Song of the Venturing Owl (Part 26)

The crew stood on board in front of the Captain, long after we’d scurried on board. All of them were there. Some bore injuries, powder burns, and a single one had been bandaged for a sword wound.

All of them were there except Thyn.

Each step the Captain took on her pace grew more and more frantic as she listened.

Some three hours after we’d left, the reapers had come from the skies. Thyn had rallied the crew to a defence, telling them to shatter the skulls. After half an hour of fighting, he ordered the ship’s spirit to move the ship away from the island while they worked the sails.

The reapers came for the graduate students, and Thyn went down under a cloud of them, even as they shredded themselves against his spines, and then he was dragged, dragged, dragged, back into the island.

Each step drove the Captain’s talons into the wood of the ship.

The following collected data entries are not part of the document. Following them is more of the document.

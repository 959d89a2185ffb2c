-- ===== src/Raft/Cluster/Ghost.antt =====
-- What the proof of election safety remembers of a run: the first vote of each peer in each term, and
-- who was the first to be elected in each term. The invariant ties the state to this memory.
use mit_distribution.Base.{
  ℕ, ◌+◌, ◌/◌, ◌<◌, ◌≤◌, ◌≡◌, ◌∙◌, ◌⊎◌, inl, inr, Bool, true, false, Option, none, some, arith,
  ◌==◌, Option-cases, pos, minus_one,
}
use mit_distribution.Raft.State.{Raft, leader, candidate}
use mit_distribution.Raft.Append.{RequestAppendEntriesArgs}
use mit_distribution.Raft.Cluster.{Call, pending, answered, consumed, Round, System}
use mit_distribution.Raft.Cluster.Counts.{count, count-le}

pub record Ghost : Type 0 where
  pub ballot : ℕ → ℕ → Option ℕ
  pub elected : ℕ → Option ℕ

-- The peer's first vote of the term was for the candidate, or the candidate has been elected.
abbrev pub Supports : Ghost → ℕ → ℕ → ℕ → Type 0
Supports g j term c = (g.ballot j term ≡ some c) ⊎ (g.elected term ≡ some c)

-- Nothing is forgotten.
pub record Extends (g g' : Ghost) : Type 0 where
  pub ballots : (j term c : ℕ) → g.ballot j term ≡ some c → g'.ballot j term ≡ some c
  pub elections : (term c : ℕ) → g.elected term ≡ some c → g'.elected term ≡ some c

pub record PeerOk {A : Type 0} (g : Ghost) (n i : ℕ) (rf : Raft A) : Type 0 where
  pub itself : rf.me ≡ i
  pub all : rf.peers ≡ n
  pub vote : (c : ℕ) → rf.vote_for ≡ pos c → Supports g i rf.current_term c
  pub free : rf.vote_for ≡ minus_one → g.ballot i rf.current_term ≡ none
  pub future : (term : ℕ) → rf.current_term < term → g.ballot i term ≡ none
  pub runs : rf.state ≡ candidate → g.ballot i rf.current_term ≡ some i
  pub leads : rf.state ≡ leader → g.elected rf.current_term ≡ some i

-- A reply that grants, seen by the candidate or not.
abbrev pub grants : Call → Bool
grants pending = false
grants (answered reply) = reply.vote_granted
grants (consumed reply) = reply.vote_granted

abbrev pub counted : Call → Bool
counted pending = false
counted (answered reply) = false
counted (consumed reply) = reply.vote_granted

pub record RoundOk (g : Ghost) (n : ℕ) (rd : Round) : Type 0 where
  pub in_range : rd.args.candidate_id < n
  pub own : rd.call rd.args.candidate_id ≡ pending
  pub granted : (j : ℕ) → grants (rd.call j) ≡ true → Supports g j rd.args.term rd.args.candidate_id
  pub tallied : rd.votes ≤ count n (λ j. counted (rd.call j)) + 1

abbrev pub votes_for : Ghost → ℕ → ℕ → ℕ → Bool
votes_for g term c j = elim (g.ballot j term) [ none ↦ false | some d ↦ d == c ]

pub record Inv {A : Type 0} (g : Ghost) (n : ℕ) (s : System A) : Type 0 where
  pub peers : (i : ℕ) → PeerOk g n i (s.peer i)
  pub rounds : (r : ℕ) (rd : Round) → s.round r ≡ some rd → RoundOk g n rd
  pub requests :
      (k : ℕ) (args : RequestAppendEntriesArgs A)
      → s.sent k ≡ some args
      → g.elected args.term ≡ some args.leader_id
  pub majorities : (term c : ℕ) → g.elected term ≡ some c → n / 2 < count n (votes_for g term c)

pub Extends-refl : (g : Ghost) → Extends g g
Extends-refl g = record { ballots = λ j t c e. e; elections = λ t c e. e }

pub Supports-Extends :
    {g g' : Ghost} (x : Extends g g') (j term c : ℕ) → Supports g j term c → Supports g' j term c
Supports-Extends x j term c (inl e) = inl (x.ballots j term c e)
Supports-Extends x j term c (inr e) = inr (x.elections term c e)

pub RoundOk-Extends :
    {g g' : Ghost} {n : ℕ} {rd : Round} (x : Extends g g') → RoundOk g n rd → RoundOk g' n rd
RoundOk-Extends {rd} x ok = record {
  in_range = ok.in_range;
  own = ok.own;
  granted = λ j e. Supports-Extends x j rd.args.term rd.args.candidate_id (ok.granted j e);
  tallied = ok.tallied;
}

-- A peer whose own votes are as before stays in order.
pub PeerOk-Extends :
    {A : Type 0} {g g' : Ghost} {n i : ℕ} {rf : Raft A} (x : Extends g g')
    → ((term : ℕ) → g'.ballot i term ≡ g.ballot i term)
    → PeerOk g n i rf
    → PeerOk g' n i rf
PeerOk-Extends {i} {rf} x same ok = record {
  itself = ok.itself;
  all = ok.all;
  vote = λ c e. Supports-Extends x i rf.current_term c (ok.vote c e);
  free = λ e. same rf.current_term ∙ ok.free e;
  future = λ t h. same t ∙ ok.future t h;
  runs = λ e. x.ballots i rf.current_term i (ok.runs e);
  leads = λ e. x.elections rf.current_term i (ok.leads e);
}

pub votes_for-ballot :
    (g : Ghost) (term c j : ℕ) → votes_for g term c j ≡ true → g.ballot j term ≡ some c
votes_for-ballot g term c j e = elim (Option-cases (g.ballot j term)) [
  | inl none_yet ↦ absurd (ground arith)
  | inr (d, there) ↦ ground (arith, there)
]

pub ballot-votes_for :
    (g : Ghost) (term c j : ℕ) → g.ballot j term ≡ some c → votes_for g term c j ≡ true
ballot-votes_for g term c j e = ground (arith, e)

pub votes_for-Extends :
    {g g' : Ghost} (x : Extends g g') (n term c : ℕ)
    → count n (votes_for g term c) ≤ count n (votes_for g' term c)
votes_for-Extends {g} {g'} x n term c =
    count-le n (votes_for g term c) (votes_for g' term c)
      λ j e. ballot-votes_for g' term c j (x.ballots j term c (votes_for-ballot g term c j e))
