-- ===== src/Raft/Cluster/Votes.antt =====
-- How each critical section of a peer changes its term, vote and role, and what that does to the
-- memory of votes.
use mit_distribution.Base.{
  ℕ, ◌+◌, ◌<◌, ◌≡◌, sym, ap, subst, ◌∙◌, ◌⊎◌, inl, inr, true, ◌&&◌, Option, none, some, arith, ◌==◌,
  if◌then◌else◌, Option-cases, pos, minus_one, length, get_elem?,
}
use mit_distribution.Raft.State.{Raft, candidate, follower, start_append, start_election, kill}
use mit_distribution.Raft.Append.{RequestAppendEntriesArgs, RequestAppendEntriesReply}
use mit_distribution.Raft.Replicate.{ApplyMsg, record_match, back_up, on_append_reply, apply_next}
use mit_distribution.Raft.Commit.{advance_commit_effect}
use mit_distribution.Raft.Step.{Event, step}
use mit_distribution.Raft.Step.{
  starts, vote_asked, vote_answered, append_asked, append_answered, applies, times_out, is_killed,
}
use mit_distribution.Raft.Cluster.{is_local}
use mit_distribution.Raft.Cluster.Ghost.{Ghost, Supports, Extends, PeerOk}

-- Nothing changes that matters for elections.
pub record Keeps {A : Type 0} (rf rf' : Raft A) : Type 0 where
  pub me : rf'.me ≡ rf.me
  pub peers : rf'.peers ≡ rf.peers
  pub term : rf'.current_term ≡ rf.current_term
  pub vote : rf'.vote_for ≡ rf.vote_for
  pub role : rf'.state ≡ rf.state

-- A higher term makes the peer a follower that has not voted.
pub record StepsDown {A : Type 0} (rf rf' : Raft A) : Type 0 where
  pub me : rf'.me ≡ rf.me
  pub peers : rf'.peers ≡ rf.peers
  pub term : rf.current_term < rf'.current_term
  pub vote : rf'.vote_for ≡ minus_one
  pub role : rf'.state ≡ follower

-- The peer stands for election in the next term.
pub record Stands {A : Type 0} (rf rf' : Raft A) : Type 0 where
  pub me : rf'.me ≡ rf.me
  pub peers : rf'.peers ≡ rf.peers
  pub term : rf'.current_term ≡ rf.current_term + 1
  pub vote : rf'.vote_for ≡ pos rf.me
  pub role : rf'.state ≡ candidate

module _ {A : Type 0} where
  on_append_reply-changes :
      (server : ℕ) (args : RequestAppendEntriesArgs A) (reply : RequestAppendEntriesReply)
      (rf rf' : Raft A)
      → on_append_reply server args reply rf ≡ some rf'
      → Keeps rf rf' ⊎ StepsDown rf rf'
  unfolding on_append_reply record_match back_up
  on_append_reply-changes server args reply rf rf' e =
      let matched : ℕ = args.prev_log_index + length args.entries in
      ground (
        arith,
        Option-cases (get_elem? rf.next_index server),
        advance_commit_effect matched (record_match server matched rf) rf',
      )

  apply_next-Keeps :
      (rf rf' : Raft A) (m : Option (ApplyMsg A)) → apply_next rf ≡ some (rf', m) → Keeps rf rf'
  unfolding apply_next
  apply_next-Keeps rf rf' m e =
      ground (arith, Option-cases (get_elem? rf.log (rf.last_applied + 1)))

  pub local_changes :
      (ev : Event A) (rf rf' : Raft A)
      → is_local ev ≡ true
      → step ev rf ≡ some rf'
      → Keeps rf rf' ⊎ (StepsDown rf rf' ⊎ Stands rf rf')
  unfolding step start_append start_election kill
  local_changes (starts command t) rf rf' h e = ground arith
  local_changes (vote_asked args) rf rf' h e = absurd (cc)
  local_changes (vote_answered args reply votes) rf rf' h e = absurd (cc)
  local_changes (append_asked args) rf rf' h e = absurd (cc)
  local_changes (append_answered server args reply) rf rf' h e =
      ground (arith, on_append_reply-changes server args reply rf rf' e)
  local_changes applies rf rf' h e = elim (Option-cases (apply_next rf)) [
    | inl out ↦ absurd (ground arith)
    | inr ((rf₁, m), done) ↦ ground (arith, apply_next-Keeps rf rf₁ m)
  ]
  local_changes times_out rf rf' h e = ground arith
  local_changes is_killed rf rf' h e = ground arith

  pub PeerOk-Keeps :
      {g : Ghost} {n i : ℕ} (rf rf' : Raft A) → Keeps rf rf' → PeerOk g n i rf → PeerOk g n i rf'
  PeerOk-Keeps {g} {i} rf rf' k ok = record {
    itself = k.me ∙ ok.itself;
    all = k.peers ∙ ok.all;
    vote = λ c e. subst (λ t. Supports g i t c) (sym k.term) (ok.vote c (sym k.vote ∙ e));
    free = λ e. ap (g.ballot i) k.term ∙ ok.free (sym k.vote ∙ e);
    future = λ t h. ok.future t (omega (arith, k.term));
    runs = λ e. ap (g.ballot i) k.term ∙ ok.runs (sym k.role ∙ e);
    leads = λ e. ap g.elected k.term ∙ ok.leads (sym k.role ∙ e);
  }

  pub PeerOk-StepsDown :
      {g : Ghost} {n i : ℕ} (rf rf' : Raft A)
      → StepsDown rf rf'
      → PeerOk g n i rf
      → PeerOk g n i rf'
  PeerOk-StepsDown rf rf' k ok = record {
    itself = k.me ∙ ok.itself;
    all = k.peers ∙ ok.all;
    vote = λ c e. absurd (ground (arith, k.vote));
    free = λ e. ok.future rf'.current_term k.term;
    future = λ t h. ok.future t (omega (arith, k.term));
    runs = λ e. absurd (ground (arith, k.role));
    leads = λ e. absurd (ground (arith, k.role));
  }

-- The peer's first vote of a term.
abbrev pub cast : Ghost → ℕ → ℕ → ℕ → Ghost
cast g i term c = record g {
  ballot = λ j t. if (i == j) && (t == term) then some c else g.ballot j t;
}

pub cast-Extends : (g : Ghost) (i term c : ℕ) → g.ballot i term ≡ none → Extends g (cast g i term c)
cast-Extends g i term c e = record {
  ballots = λ j t d h. ground (arith, h, e);
  elections = λ t d h. h;
}

pub cast_self : (g : Ghost) (i term c : ℕ) → (cast g i term c).ballot i term ≡ some c
cast_self g i term c = ground arith

pub cast_later :
    (g : Ghost) (i term c t : ℕ) → term < t → (cast g i term c).ballot i t ≡ g.ballot i t
cast_later g i term c t h = ground arith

Not even the gentle babble of the ship’s souls soothed her, even though I’d seen her late at night listening to it like one could listen to a crew member. Through my amulet, I could hear her heart throbbing faster and faster in her chest, like a wild animal thrashing against a cage, and her blood pressure rose higher and higher like a roaring fire.

“Captain? Your orders?” Sev asked. His voice broke whatever spell had been cast on her, and she stalked past, leaving me and Sampson, and everyone else, to stare after her.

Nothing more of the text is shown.